──────── STUDY MATERIAL ────────
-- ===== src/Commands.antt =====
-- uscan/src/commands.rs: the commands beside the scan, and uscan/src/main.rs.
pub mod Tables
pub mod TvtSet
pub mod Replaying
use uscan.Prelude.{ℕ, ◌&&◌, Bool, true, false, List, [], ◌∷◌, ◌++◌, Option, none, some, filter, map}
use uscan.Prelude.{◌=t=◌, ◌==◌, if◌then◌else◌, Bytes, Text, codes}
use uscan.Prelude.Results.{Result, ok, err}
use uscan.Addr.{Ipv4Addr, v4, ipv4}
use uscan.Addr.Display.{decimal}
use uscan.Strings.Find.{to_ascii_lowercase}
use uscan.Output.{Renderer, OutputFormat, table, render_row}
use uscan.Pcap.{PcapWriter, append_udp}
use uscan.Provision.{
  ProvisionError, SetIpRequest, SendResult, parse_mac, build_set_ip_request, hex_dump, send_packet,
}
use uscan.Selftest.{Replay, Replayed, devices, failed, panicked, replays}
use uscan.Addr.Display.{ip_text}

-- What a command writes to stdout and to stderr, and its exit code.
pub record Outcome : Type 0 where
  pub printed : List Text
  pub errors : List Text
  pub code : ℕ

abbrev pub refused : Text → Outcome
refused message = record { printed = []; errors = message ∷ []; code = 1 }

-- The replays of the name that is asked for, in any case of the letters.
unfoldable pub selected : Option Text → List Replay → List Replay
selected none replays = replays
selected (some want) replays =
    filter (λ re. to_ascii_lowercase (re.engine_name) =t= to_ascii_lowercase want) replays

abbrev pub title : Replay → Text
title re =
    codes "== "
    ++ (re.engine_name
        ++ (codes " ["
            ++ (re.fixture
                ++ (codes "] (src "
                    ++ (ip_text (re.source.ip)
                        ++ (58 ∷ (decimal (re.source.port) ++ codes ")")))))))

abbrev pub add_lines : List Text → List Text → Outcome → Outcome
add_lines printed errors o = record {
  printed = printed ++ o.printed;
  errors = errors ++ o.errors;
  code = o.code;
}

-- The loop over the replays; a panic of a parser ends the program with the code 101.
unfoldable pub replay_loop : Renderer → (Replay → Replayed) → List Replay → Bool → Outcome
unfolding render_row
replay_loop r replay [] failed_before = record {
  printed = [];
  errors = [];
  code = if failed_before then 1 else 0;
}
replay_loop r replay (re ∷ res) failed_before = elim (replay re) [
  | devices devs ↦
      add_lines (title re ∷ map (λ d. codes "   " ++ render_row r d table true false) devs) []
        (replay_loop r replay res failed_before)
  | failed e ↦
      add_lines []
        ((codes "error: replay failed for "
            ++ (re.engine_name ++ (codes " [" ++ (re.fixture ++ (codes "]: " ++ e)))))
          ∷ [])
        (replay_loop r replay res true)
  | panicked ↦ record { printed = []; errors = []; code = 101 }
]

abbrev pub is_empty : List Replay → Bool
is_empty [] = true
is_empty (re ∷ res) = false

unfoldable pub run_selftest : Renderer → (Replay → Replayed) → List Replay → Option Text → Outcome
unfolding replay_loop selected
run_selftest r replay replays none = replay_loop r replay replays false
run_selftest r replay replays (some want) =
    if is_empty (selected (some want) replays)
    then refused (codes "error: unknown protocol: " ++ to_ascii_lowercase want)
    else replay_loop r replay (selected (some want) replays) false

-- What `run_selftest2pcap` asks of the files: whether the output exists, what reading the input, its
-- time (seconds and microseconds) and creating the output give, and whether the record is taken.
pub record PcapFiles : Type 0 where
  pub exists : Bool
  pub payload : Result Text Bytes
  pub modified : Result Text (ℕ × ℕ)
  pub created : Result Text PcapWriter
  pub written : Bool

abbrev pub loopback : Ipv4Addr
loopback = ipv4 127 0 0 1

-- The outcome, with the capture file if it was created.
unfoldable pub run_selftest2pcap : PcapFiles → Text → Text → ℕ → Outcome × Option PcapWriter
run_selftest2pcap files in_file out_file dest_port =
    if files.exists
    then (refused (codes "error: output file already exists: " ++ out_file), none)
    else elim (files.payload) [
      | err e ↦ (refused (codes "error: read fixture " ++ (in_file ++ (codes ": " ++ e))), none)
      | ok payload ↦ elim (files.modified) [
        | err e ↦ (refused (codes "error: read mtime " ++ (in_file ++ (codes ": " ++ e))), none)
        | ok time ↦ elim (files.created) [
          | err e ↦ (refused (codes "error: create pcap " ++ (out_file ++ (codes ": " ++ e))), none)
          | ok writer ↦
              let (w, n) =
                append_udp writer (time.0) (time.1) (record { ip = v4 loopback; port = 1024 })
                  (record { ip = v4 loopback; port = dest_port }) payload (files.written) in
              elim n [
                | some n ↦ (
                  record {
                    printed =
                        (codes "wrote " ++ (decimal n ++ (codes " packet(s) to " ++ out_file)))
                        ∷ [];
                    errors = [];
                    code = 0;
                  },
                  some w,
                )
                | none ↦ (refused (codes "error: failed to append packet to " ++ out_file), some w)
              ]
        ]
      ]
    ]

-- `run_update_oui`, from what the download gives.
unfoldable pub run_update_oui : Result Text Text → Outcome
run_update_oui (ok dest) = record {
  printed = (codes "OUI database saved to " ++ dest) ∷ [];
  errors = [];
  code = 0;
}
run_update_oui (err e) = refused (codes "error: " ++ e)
────────
EXERCISE AIM:
Set out exactly the run of lines that begins at the line holding "run_update_oui (ok dest)" and ends at the last line of the data.

REPLY TO THE EXERCISE:
run_update_oui (ok dest) = record {
  printed = (codes "OUI database saved to " ++ dest) ∷ [];
  errors = [];
  code = 0;
}
run_update_oui (err e) = refused (codes "error: " ++ e)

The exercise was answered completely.